━━ RECORDED DATA ━━

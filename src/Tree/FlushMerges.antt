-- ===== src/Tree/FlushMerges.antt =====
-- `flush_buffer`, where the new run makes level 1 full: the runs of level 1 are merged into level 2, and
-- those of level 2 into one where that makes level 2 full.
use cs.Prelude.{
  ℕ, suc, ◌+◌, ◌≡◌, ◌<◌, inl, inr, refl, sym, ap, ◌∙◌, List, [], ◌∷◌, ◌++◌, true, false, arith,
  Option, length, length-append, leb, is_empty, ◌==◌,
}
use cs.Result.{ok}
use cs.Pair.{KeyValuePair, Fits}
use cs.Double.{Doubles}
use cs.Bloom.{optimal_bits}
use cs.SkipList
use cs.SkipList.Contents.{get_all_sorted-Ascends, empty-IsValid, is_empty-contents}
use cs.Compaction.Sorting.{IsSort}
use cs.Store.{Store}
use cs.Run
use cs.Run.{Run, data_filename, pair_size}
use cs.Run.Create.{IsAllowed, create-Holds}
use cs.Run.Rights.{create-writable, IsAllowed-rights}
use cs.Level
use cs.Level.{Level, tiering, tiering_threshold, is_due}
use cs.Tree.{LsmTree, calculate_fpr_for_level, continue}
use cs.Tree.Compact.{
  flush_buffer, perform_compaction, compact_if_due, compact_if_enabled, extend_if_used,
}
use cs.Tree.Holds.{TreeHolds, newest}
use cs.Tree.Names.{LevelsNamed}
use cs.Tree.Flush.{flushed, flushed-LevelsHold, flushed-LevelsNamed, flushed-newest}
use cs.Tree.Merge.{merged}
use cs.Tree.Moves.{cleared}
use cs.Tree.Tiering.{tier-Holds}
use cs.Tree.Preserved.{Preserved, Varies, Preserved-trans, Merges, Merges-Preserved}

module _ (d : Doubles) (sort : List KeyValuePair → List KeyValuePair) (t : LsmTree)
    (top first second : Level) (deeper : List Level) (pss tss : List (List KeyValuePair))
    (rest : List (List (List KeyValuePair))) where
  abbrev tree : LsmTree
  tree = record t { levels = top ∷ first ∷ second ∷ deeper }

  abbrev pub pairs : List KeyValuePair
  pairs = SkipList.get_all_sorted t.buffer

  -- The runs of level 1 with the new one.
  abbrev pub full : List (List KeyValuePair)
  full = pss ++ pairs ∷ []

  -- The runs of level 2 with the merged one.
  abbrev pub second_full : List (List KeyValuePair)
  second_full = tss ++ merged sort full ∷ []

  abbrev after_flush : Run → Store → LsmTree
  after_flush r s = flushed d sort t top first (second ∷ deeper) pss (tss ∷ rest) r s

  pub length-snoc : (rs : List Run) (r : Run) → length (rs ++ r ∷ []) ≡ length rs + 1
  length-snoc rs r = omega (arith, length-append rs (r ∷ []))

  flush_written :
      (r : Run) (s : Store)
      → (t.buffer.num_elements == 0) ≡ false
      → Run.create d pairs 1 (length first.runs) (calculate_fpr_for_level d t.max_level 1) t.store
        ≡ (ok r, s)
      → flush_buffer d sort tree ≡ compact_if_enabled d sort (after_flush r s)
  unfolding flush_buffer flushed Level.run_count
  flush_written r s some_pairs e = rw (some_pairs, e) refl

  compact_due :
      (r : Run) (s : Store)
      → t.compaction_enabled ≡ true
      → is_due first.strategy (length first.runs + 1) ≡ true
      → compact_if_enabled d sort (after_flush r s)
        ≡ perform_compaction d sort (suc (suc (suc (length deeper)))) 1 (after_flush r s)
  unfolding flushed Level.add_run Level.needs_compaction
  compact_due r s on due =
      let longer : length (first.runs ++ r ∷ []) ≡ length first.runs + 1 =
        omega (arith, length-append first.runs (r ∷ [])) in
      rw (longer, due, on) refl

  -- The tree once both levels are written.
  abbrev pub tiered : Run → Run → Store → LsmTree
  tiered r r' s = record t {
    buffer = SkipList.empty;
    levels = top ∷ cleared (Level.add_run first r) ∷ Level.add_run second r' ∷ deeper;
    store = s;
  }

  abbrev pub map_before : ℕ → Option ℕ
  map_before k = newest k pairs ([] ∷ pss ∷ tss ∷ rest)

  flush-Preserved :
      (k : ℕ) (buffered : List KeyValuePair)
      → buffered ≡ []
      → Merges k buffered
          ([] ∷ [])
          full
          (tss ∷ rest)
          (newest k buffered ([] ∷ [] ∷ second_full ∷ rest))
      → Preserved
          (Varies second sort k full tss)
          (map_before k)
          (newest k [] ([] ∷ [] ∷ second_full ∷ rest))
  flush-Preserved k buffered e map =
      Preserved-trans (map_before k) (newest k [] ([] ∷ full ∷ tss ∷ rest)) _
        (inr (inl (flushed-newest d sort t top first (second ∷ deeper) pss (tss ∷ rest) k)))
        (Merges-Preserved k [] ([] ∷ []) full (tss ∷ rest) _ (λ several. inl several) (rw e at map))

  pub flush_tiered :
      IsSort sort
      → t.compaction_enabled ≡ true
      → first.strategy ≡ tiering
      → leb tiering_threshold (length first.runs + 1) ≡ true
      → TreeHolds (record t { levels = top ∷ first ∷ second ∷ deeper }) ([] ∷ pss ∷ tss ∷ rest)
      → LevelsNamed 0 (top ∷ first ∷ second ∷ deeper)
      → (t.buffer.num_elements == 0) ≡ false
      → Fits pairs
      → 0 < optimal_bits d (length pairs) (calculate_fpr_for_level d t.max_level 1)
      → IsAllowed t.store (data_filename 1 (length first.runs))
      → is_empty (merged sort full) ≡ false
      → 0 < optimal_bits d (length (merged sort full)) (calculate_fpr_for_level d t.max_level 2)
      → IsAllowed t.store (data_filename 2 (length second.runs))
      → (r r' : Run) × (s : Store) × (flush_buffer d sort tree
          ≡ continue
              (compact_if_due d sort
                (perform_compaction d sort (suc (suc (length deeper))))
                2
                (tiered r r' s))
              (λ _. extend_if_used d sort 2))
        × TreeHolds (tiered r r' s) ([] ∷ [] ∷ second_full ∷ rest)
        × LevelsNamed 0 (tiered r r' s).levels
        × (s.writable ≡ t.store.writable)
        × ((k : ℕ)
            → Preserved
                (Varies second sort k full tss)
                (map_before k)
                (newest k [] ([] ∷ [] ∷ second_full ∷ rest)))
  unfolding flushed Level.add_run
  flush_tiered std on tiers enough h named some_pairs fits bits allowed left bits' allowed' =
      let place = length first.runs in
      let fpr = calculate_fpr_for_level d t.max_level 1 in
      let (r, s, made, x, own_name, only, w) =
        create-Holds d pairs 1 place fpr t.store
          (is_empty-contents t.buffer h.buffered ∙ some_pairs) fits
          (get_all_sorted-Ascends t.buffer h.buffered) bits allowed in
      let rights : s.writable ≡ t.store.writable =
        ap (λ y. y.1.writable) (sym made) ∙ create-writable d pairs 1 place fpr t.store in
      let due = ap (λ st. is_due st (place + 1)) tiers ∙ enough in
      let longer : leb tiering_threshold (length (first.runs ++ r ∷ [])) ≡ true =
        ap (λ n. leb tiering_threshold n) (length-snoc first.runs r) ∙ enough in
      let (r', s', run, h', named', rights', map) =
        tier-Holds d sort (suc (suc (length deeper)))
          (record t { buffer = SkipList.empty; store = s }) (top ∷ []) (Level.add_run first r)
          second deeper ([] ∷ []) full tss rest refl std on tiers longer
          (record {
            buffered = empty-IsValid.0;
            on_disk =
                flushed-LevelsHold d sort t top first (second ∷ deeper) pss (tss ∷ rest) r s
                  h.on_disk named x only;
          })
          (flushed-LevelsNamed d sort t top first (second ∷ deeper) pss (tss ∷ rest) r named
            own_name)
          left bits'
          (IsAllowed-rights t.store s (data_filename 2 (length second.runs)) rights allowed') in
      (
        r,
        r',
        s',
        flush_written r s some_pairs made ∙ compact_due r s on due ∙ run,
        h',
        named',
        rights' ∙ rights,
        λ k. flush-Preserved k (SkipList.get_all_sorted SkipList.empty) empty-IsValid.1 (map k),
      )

━━━
━━ RECORDED DATA ━━

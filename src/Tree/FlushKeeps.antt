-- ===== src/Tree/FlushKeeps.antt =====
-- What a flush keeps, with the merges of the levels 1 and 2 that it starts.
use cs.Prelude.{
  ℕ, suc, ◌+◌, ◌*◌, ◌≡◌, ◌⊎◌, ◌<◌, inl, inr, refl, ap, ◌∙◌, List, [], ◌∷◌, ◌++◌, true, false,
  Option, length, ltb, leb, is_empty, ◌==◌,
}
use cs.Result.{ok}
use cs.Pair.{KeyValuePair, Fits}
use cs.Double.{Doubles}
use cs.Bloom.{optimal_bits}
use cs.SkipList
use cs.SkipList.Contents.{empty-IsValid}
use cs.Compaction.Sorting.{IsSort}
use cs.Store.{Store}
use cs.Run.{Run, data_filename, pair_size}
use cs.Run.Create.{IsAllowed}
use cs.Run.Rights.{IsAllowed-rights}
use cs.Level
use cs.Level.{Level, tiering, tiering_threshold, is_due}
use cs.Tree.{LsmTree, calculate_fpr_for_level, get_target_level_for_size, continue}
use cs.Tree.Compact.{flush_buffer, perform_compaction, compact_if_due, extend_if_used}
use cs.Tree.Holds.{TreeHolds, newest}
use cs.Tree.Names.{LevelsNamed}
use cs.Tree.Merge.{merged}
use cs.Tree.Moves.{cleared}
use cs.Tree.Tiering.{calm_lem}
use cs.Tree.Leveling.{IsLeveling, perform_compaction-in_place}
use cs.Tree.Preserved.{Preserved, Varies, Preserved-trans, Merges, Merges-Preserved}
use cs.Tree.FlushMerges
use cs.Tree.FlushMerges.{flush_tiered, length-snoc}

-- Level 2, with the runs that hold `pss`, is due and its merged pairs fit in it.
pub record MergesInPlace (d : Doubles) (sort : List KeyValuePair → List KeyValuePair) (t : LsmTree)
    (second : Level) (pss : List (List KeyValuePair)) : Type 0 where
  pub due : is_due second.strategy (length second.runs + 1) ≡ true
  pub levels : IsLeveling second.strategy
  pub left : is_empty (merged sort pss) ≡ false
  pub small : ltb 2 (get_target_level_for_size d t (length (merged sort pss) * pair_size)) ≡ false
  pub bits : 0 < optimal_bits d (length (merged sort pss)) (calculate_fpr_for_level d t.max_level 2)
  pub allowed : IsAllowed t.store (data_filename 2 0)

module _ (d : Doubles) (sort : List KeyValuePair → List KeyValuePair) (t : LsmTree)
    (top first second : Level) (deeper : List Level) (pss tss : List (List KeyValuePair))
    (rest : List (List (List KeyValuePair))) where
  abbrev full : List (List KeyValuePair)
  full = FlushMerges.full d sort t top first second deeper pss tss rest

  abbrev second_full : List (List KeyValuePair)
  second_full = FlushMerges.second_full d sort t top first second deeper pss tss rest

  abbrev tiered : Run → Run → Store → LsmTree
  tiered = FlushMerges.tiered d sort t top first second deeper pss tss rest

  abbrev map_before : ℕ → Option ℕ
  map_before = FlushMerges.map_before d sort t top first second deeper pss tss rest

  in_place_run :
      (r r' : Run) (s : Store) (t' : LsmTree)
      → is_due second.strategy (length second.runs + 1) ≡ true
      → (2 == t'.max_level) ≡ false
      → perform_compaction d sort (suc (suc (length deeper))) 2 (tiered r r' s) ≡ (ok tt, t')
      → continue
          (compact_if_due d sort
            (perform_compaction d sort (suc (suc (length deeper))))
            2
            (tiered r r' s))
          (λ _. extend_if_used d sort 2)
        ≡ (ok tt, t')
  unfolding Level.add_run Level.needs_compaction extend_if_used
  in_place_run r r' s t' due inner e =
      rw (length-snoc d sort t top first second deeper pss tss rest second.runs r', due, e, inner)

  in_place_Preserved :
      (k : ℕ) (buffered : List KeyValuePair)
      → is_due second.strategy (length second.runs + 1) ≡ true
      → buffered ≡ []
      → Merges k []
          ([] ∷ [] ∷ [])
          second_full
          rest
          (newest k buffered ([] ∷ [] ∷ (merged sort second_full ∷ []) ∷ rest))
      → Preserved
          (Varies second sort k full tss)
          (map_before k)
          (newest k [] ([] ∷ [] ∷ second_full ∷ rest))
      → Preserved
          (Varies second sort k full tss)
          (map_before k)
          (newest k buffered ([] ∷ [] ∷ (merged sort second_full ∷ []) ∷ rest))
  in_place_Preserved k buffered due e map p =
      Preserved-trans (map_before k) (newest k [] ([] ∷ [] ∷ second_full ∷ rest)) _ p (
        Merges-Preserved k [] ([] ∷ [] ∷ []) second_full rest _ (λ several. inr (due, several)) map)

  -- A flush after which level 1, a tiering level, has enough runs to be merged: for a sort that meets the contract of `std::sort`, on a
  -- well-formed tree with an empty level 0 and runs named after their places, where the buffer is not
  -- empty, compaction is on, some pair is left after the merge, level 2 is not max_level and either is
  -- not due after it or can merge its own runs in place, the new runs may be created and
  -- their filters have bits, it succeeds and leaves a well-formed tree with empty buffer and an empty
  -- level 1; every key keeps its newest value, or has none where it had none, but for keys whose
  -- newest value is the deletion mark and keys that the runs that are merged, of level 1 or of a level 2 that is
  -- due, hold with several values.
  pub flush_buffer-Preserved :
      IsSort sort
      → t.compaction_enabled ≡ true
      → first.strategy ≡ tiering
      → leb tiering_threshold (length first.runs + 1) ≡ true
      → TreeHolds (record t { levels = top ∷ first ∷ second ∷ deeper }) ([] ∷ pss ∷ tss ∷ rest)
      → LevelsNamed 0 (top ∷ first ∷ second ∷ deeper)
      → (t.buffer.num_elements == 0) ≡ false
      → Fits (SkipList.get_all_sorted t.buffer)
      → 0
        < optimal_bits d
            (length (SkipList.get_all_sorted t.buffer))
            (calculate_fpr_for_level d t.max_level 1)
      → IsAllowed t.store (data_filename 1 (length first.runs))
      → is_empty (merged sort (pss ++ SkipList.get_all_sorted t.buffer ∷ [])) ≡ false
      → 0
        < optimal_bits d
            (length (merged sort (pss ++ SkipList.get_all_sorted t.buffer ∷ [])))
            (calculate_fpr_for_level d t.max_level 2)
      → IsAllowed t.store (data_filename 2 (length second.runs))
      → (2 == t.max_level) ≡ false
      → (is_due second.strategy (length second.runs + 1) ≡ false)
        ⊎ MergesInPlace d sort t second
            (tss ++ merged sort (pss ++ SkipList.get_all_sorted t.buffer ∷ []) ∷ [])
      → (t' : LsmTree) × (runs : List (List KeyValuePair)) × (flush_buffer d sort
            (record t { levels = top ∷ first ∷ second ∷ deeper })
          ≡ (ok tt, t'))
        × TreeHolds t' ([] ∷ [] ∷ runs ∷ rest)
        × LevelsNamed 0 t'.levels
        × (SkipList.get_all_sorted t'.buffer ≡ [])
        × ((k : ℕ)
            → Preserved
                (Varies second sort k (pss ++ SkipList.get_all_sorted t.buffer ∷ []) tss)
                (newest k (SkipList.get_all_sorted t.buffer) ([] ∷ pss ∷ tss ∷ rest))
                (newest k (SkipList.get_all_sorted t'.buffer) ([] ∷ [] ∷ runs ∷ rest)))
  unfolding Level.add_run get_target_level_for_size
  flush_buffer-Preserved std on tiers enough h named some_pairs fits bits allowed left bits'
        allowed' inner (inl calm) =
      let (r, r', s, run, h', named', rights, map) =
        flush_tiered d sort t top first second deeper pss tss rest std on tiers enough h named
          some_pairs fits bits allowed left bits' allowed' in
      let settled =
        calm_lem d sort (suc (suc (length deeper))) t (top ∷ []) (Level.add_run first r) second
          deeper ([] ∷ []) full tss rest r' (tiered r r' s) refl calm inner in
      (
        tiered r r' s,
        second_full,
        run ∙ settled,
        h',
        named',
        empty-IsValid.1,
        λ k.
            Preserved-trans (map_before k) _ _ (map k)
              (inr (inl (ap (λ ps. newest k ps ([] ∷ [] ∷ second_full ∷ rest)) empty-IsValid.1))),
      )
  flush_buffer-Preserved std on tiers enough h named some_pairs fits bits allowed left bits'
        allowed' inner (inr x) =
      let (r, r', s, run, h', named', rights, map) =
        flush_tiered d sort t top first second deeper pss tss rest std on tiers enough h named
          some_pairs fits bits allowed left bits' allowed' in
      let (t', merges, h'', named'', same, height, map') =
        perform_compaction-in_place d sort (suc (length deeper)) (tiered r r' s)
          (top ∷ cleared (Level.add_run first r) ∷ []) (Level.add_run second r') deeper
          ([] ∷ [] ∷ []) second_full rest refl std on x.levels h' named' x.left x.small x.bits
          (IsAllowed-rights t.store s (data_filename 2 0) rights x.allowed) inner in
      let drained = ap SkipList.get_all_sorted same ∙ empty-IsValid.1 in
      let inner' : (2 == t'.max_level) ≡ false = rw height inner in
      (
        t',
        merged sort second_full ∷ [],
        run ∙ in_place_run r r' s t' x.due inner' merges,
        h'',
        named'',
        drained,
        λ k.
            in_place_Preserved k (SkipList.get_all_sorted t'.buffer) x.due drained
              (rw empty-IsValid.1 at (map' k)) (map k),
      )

━━━

PROBLEM DETAILS – Retype only the lines above between the line with "pub length-snoc : (rs" and the line with "rw (longer, due, on) refl", counting those two lines as well, and keep every character as it is.

THE COMPLETED TASK –
  pub length-snoc : (rs : List Run) (r : Run) → length (rs ++ r ∷ []) ≡ length rs + 1
  length-snoc rs r = omega (arith, length-append rs (r ∷ []))

  flush_written :
      (r : Run) (s : Store)
      → (t.buffer.num_elements == 0) ≡ false
      → Run.create d pairs 1 (length first.runs) (calculate_fpr_for_level d t.max_level 1) t.store
        ≡ (ok r, s)
      → flush_buffer d sort tree ≡ compact_if_enabled d sort (after_flush r s)
  unfolding flush_buffer flushed Level.run_count
  flush_written r s some_pairs e = rw (some_pairs, e) refl

  compact_due :
      (r : Run) (s : Store)
      → t.compaction_enabled ≡ true
      → is_due first.strategy (length first.runs + 1) ≡ true
      → compact_if_enabled d sort (after_flush r s)
        ≡ perform_compaction d sort (suc (suc (suc (length deeper)))) 1 (after_flush r s)
  unfolding flushed Level.add_run Level.needs_compaction
  compact_due r s on due =
      let longer : length (first.runs ++ r ∷ []) ≡ length first.runs + 1 =
        omega (arith, length-append first.runs (r ∷ [])) in
      rw (longer, due, on) refl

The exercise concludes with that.